WCT supports asynchronous *branch* and *merge* pattern.

- Each branch/merge node type is developed custom to perform some task driven by data.
- A merge can be fed by parallel file inputs. (merge all fragments from common trigger).
- A branch can feed parallel file outputs. (send fragment *i* to output stream file\_\$i.tar.gz)

Merging across APA's not required at **ADC** nor **signal** data tiers but perhaps needed at GaussHits and WCT 3D cluster data tiers (or soon after).

• These data tiers are vastly smaller than TPC ADC and so whole-detector merge will not suffer prohibitive memory overhead in making a monolithic output.

Strategy for GPU acceleration

sim Kokkos/GPU version of WCT sim for 18× speedup ( $\approx$  1 sec / APA)

#### • Haiwang Yu, HEP-CCE/PPS

sigproc DNNROI AI/ML inference, FFTs.

- Most still CPU-only.

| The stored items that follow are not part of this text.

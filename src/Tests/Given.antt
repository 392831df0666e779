-- ===== src/Tests/Given.antt =====
-- What the servers of the tests are given: room for two connections and five requests, and requests
-- without header fields and bodies.
use ats_fastcgi.Common.{
  Option, fault, ok, Outcome, some, decimal_before, ap, inl, arith, ℕ, zero, suc, ◌≡◌, refl, sym,
  ◌∙◌, [], ◌∷◌, none, false, Bytes, codes, pos, ltb, if◌then◌else◌,
}
use ats_fastcgi.Client.Working.{decimal_address-Works}
use ats_fastcgi.Config.Settings.{FcgiPluginConfig, default_config}
use ats_fastcgi.Response.{Mime, parse_error}
use ats_fastcgi.Headers.{Transaction}
use ats_fastcgi.Connection.{ServerConnection, FcgiRequest, new_connection, new_client}
use ats_fastcgi.Server.{Server}
use ats_fastcgi.Intercept.{Environment, Works}

abbrev pub nul_block : ℕ → Bytes
nul_block zero = []
nul_block (suc n) = 0 ∷ nul_block n

-- Blocks are cut at 400 bytes, which is more than the tests write, to keep them short.
abbrev pub small_block : ℕ → Bytes
small_block n = nul_block (if ltb n 400 then n else 400)

-- A parser that refuses every header.
abbrev pub no_mime : Mime
no_mime = record {
  parse = λ text. parse_error;
  print = λ text. [];
  is_initialized = λ text. false;
  status = λ text. none;
  http_version_1_1 = codes "HTTP/1.1";
}

abbrev pub given_config : FcgiPluginConfig
given_config = record default_config { max_connections = pos 12; request_queue_size = pos 5 }

abbrev pub get_page : Transaction
get_page = record {
  fields = none;
  path = codes "a.php";
  query = [];
  method = codes "GET";
  content_length = none;
  content_type = none;
}

abbrev pub given : Environment
given = record {
  ts_malloc = small_block;
  mime = no_mime;
  config = given_config;
  transactions = λ i. get_page;
}

-- The tests' configurations differ in numbers only.
pub get_pages-Works :
    (env : Environment)
    → env.config.document_root ≡ some (codes "/var/www/html/")
    → env.config.html ≡ some (codes "index.php")
    → env.config.server_ip ≡ some (codes "127.0.0.1")
    → env.config.server_port ≡ some (codes "60000")
    → ((i : ℕ) → env.transactions i ≡ get_page)
    → Works env
unfolding decimal_before
get_pages-Works env root html ip port pages =
    decimal_address-Works env (codes "/var/www/html/") (codes "index.php") 127 0 0 1 60000 root html
      ip port (omega arith) (omega arith) (omega arith) (omega arith) (omega arith)
      (λ i. inl (λ e. let get = sym (ap (λ t. t.method) (pages i)) ∙ e in cc))

pub given-Works : Works given
given-Works = get_pages-Works given refl refl refl refl (λ i. refl)

-- The server after calls that end well
abbrev pub result : Server → Outcome Server → Server
result s (ok s') = s'
result s fault = s

abbrev pub connection_of : Option ServerConnection → ServerConnection
connection_of (some conn) = conn
connection_of none = new_connection 0

abbrev pub request_of : Option FcgiRequest → FcgiRequest
request_of (some r) = r
request_of none = record {
  decoder = new_client;
  client = record { request_id = 0; request_headers = []; buff = []; p_buff_inc = 0 };
}
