-- ===== src/Control/Errors.antt =====
-- The texts of the errors that a write is reported with: the `Display`s of
-- crates/sismatic-core/src/devices (device.rs, controller.rs, transport.rs, connector.rs),
-- crates/sismatic-core/src/protocol/sis_error.rs and instructions/setting.rs, and
-- crates/sismatic-intent-relay/src/translate.rs. How a duration and an escaped character are written
-- is the standard library's, and an argument.
use Prim.Native.Char.{Char}
use Prim.Native.String.{◌++◌ as ◌<>◌}
use sismatic.Common.{ℕ, ◌/◌, ◌%◌, String, Option, none, some, decimal, eqb, if◌then◌else◌}
use sismatic.Devices.AutoDisabled.{VetoSource, declared, inferred}
use sismatic.Protocol.Replies.{SisError}
use sismatic.Protocol.Encoding.{ValueError}
use sismatic.Protocol.Instructions.{TranslateError}
use sismatic.Control.Exchange.{TransportError, ControllerError}
use sismatic.Control.Device.{ConnectError, DeviceError}

unfoldable pub description : SisError → Option String
description e =
    if eqb e.code 10
    then some "unrecognized command"
    else if eqb e.code 12
    then some "invalid port number"
    else if eqb e.code 13
    then some "invalid parameter (number is out of range)"
    else if eqb e.code 14
    then some "not valid for this configuration"
    else if eqb e.code 17
    then some "invalid command for signal type"
    else if eqb e.code 18
    then some "system timed out"
    else if eqb e.code 22
    then some "busy"
    else if eqb e.code 24
    then some "privilege violation"
    else if eqb e.code 26
    then some "maximum connections exceeded"
    else if eqb e.code 28
    then some "bad file name or file not found"
    else none

-- The code in two digits at least; it is below 100.
unfoldable pub sis_error_text : SisError → String
unfolding description decimal
sis_error_text e =
    "E"
    <> decimal (e.code / 10)
    <> decimal (e.code % 10)
    <> ": "
    <> (elim (description e) [ some what ↦ what | none ↦ "undocumented error code" ])

unfoldable pub transport_error_text : TransportError → String
transport_error_text (TransportError.io e) = "transport i/o error: " <> e

-- `VetoSource`'s `Display`.
unfoldable pub source_text : VetoSource → String
source_text declared = "disabled_fields"
source_text inferred = "repeated refusals"

unfoldable pub value_error_text : (Char → String) → ValueError → String
unfolding decimal
value_error_text escape (ValueError.not_a_flag v) =
    "'" <> v <> "' is not a flag; use 1/0, true/false, on/off"
value_error_text escape (ValueError.not_a_port v) = "'" <> v <> "' is not a TCP port in 1..=65535"
value_error_text escape (ValueError.too_long limit got) =
    "value is " <> decimal got <> " characters; this setting accepts " <> decimal limit
value_error_text escape (ValueError.illegal_character c) =
    "'" <> escape c <> "' cannot appear in this value; it delimits the field on the wire"
value_error_text escape (ValueError.not_an_rtmp_url v) =
    "'" <> v
    <> "' is not an RTMP publish target; expected rtmp://host/... or rtmps://host/... (empty clears the target)"

unfoldable pub translate_error_text : (Char → String) → TranslateError → String
unfolding value_error_text
translate_error_text escape (TranslateError.unknown_register name) =
    "no metadata register named '" <> name <> "'"
translate_error_text escape (TranslateError.unknown_setting name) =
    "no device setting named '" <> name <> "'"
translate_error_text escape (TranslateError.metadata_through_settings name) =
    "'" <> name
    <> "' is a metadata register; submit it to the metadata route, which enforces the recording freeze"
translate_error_text escape (TranslateError.value e) = value_error_text escape e

module _ (debug : ℕ → String) where
  unfoldable pub controller_error_text : ControllerError → String
  unfolding sis_error_text transport_error_text
  controller_error_text (ControllerError.timeout i after) =
      "`" <> i <> "` timed out after " <> debug after
  controller_error_text (ControllerError.rejected i e) =
      "device refused `" <> i <> "` with " <> sis_error_text e
  controller_error_text (ControllerError.connection_closed i) =
      "channel closed during `" <> i <> "`"
  controller_error_text (ControllerError.transport i e) =
      "`" <> i <> "`: " <> transport_error_text e

  unfoldable pub connect_error_text : ConnectError → String
  connect_error_text (ConnectError.failed e) = e
  connect_error_text (ConnectError.timeout d) = "connect timed out after " <> debug d

  unfoldable pub device_error_text : DeviceError → String
  unfolding controller_error_text connect_error_text source_text
  device_error_text (DeviceError.connect e) = "connect failed: " <> connect_error_text e
  device_error_text (DeviceError.command e) = controller_error_text e
  device_error_text (DeviceError.cold retry_in) =
      "device is cold; dialing again possible in " <> debug retry_in
  device_error_text (DeviceError.disabled field by none) =
      "`" <> field <> "` is disabled on this device (" <> source_text by <> ")"
  device_error_text (DeviceError.disabled field by (some retry_in)) =
      "`"
      <> field
      <> "` is disabled on this device ("
      <> source_text by
      <> "); it will be tried again in "
      <> debug retry_in
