-- ===== src/Control/Rounds.antt =====
-- The loop of `exec` goes round twice at most.
use sismatic.Common.{
  ℕ, suc, ◌≡◌, refl, ◌∙◌, true, false, none, some, ok, err, arith, inl, inr, Bool-cases,
  Option-cases, Result-cases,
}
use sismatic.Fleet.Config.{DeviceConfig}
use sismatic.Protocol.Replies.{Instruction}
use sismatic.Control.Device.{
  Dial, Link, Outside, Done, exchanged, goes_round, dial_device, exec_loop,
}

module _ (config : DeviceConfig) (clock : ℕ → ℕ) where
  -- A round that is not followed by another.
  abbrev pub last_round : Instruction → Dial → Link → Outside → Done
  last_round i dial link out = elim link.conn [
    | some c ↦ exchanged config clock i c link out
    | none ↦
        let (result, link', out') = dial_device config clock dial link out in
        elim result [ err e ↦ (err e, link', out') | ok c ↦ exchanged config clock i c link' out' ]
  ]

  never_third : (round : Done) → goes_round config clock true round ≡ false
  never_third (ok _, _, _) = refl
  never_third (err e, _, _) = ground arith

  exec_loop-again :
      (fuel : ℕ) (i : Instruction) (dial : Dial) (link : Link) (out : Outside)
      → exec_loop config clock (suc fuel) i dial true link out ≡ some (last_round i dial link out)
  unfolding exec_loop
  exec_loop-again fuel i dial link out = elim (Option-cases link.conn) [
    | inr (c, e) ↦ ground (arith, e, never_third (exchanged config clock i c link out))
    | inl e ↦ elim (Result-cases (dial_device config clock dial link out).0) [
      | inl (c, f) ↦ ground (arith, e, f)
      | inr (d, f) ↦ ground (arith, e, f)
    ]
  ]

  -- The round of a fresh connection, or of an error of the dial.
  exec_loop-undialed :
      (fuel : ℕ) (i : Instruction) (dial : Dial) (link : Link) (out : Outside)
      → link.conn ≡ none
      → exec_loop config clock (suc fuel) i dial false link out ≡ some (last_round i dial link out)
  unfolding exec_loop
  exec_loop-undialed fuel i dial link out e =
      elim (Result-cases (dial_device config clock dial link out).0) [
        | inl (c, f) ↦ ground (arith, e, f)
        | inr (d, f) ↦ ground (arith, e, f)
      ]

  -- The value of the loop: the first round over a cached connection, or the one after it.
  abbrev pub executed : Instruction → Dial → Link → Outside → Done
  executed i dial link out = elim link.conn [
    | some c ↦
        let round = exchanged config clock i c link out in
        elim (goes_round config clock false round) [
          | false ↦ round
          | true ↦ last_round i dial round.1 round.2
        ]
    | none ↦ last_round i dial link out
  ]

  pub exec_loop_lem :
      (fuel : ℕ) (i : Instruction) (dial : Dial) (link : Link) (out : Outside)
      → exec_loop config clock (suc (suc fuel)) i dial false link out
        ≡ some (executed i dial link out)
  unfolding exec_loop
  exec_loop_lem fuel i dial link out = elim (Option-cases link.conn) [
    | inl e ↦ exec_loop-undialed (suc fuel) i dial link out e ∙ ground (arith, e)
    | inr (c, e) ↦
        let round = exchanged config clock i c link out in
        elim (Bool-cases (goes_round config clock false round)) [
          | inl again ↦ ground (arith, e, again, exec_loop-again fuel i dial round.1 round.2)
          | inr ends ↦ ground (arith, e, ends)
        ]
  ]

Porting to GPU, possible but challenging.
- Promising R&D: replace parts with AI/ML inference on GPU.

Numerology: sim/sigproc needs  $\approx 100$  CPU cores to feed 1 GPU at  $\approx 100\%$ .

- HPC has 4-8 GPU / compute-unit (box), 50-100 CPU core.
  - ▶ Need much more CPU  $\rightarrow$  GPU porting to fully utilize this GPU density.
- GRID has 0-1 GPU / box, 10-20 CPU core.
  - Simply live with  $\approx 10\%$  GPU utilization?
  - ▶ WCT/ZIO/ZeroMQ GPU-as-service to share one GPU across  $\approx 10$  boxes.

#### Summary

Wire-Cell Toolkit:

- executes many ST-coded nodes in parallel across a MT'ed data flow graph.
- can run stand-alone or as a part of *art* + LArSoft.
- has GPU acceleration today, opportunities for more and methods to adapt to a range of GPU/CPU ratios.
- can flexibly adapt to different hardware resource limitations.
- provides parallel I/O patterns to mitigate memory overheads, avoid data monoliths and provide a number of useful functional features.

 $\mathcal{FIN}$ 

#### Brett Viren

### Prompt signal processing:

- Want to run signal processing on raw data while it resides on tape input buffer disk.
- Save money and time to avoid full read-back ADC from tape.
- Signals are the input to "everything", are smaller and can reside on disk for frequent re-reading.
- Enables ad-hoc prompt data access, release testing, calibration, quality monitoring.

Strategy for prompt supernova neutrino burst pointing

Locate source of SNB, promptly tell astro, better point telescopes.

- Ideas exist to use DAQ Trigger Primitives and raw ADC
  - All are limited in accuracy and precision due to bipolar nature of induction and we must use signal processing to achieve best results.
  - ▶ 10 minutes still useful/achievable but Super-Kamiokande already beats this.
- Run sigproc on **shared or dedicated HPC** with CPU+GPU.
  - ▶ DUNE DAQ sends SNEWS input message also to service on HPC.
  - ▶ HPC launches large job  $N_{threads} \approx O(10 \text{k})$  over many processes.
  - ▶ DUNE DAQ streams sparse TPC data continuing activity directly to service on HPC. Must have priority over the  $\approx 10$  hour egress of full SNB data.
  - Promptly stream results to SNEWS 2.0

BNL proposed this as part of a recent SciDAC. Proposal was complimented but declined. Now up to DUNE / future funding if we want to contribute in this manner.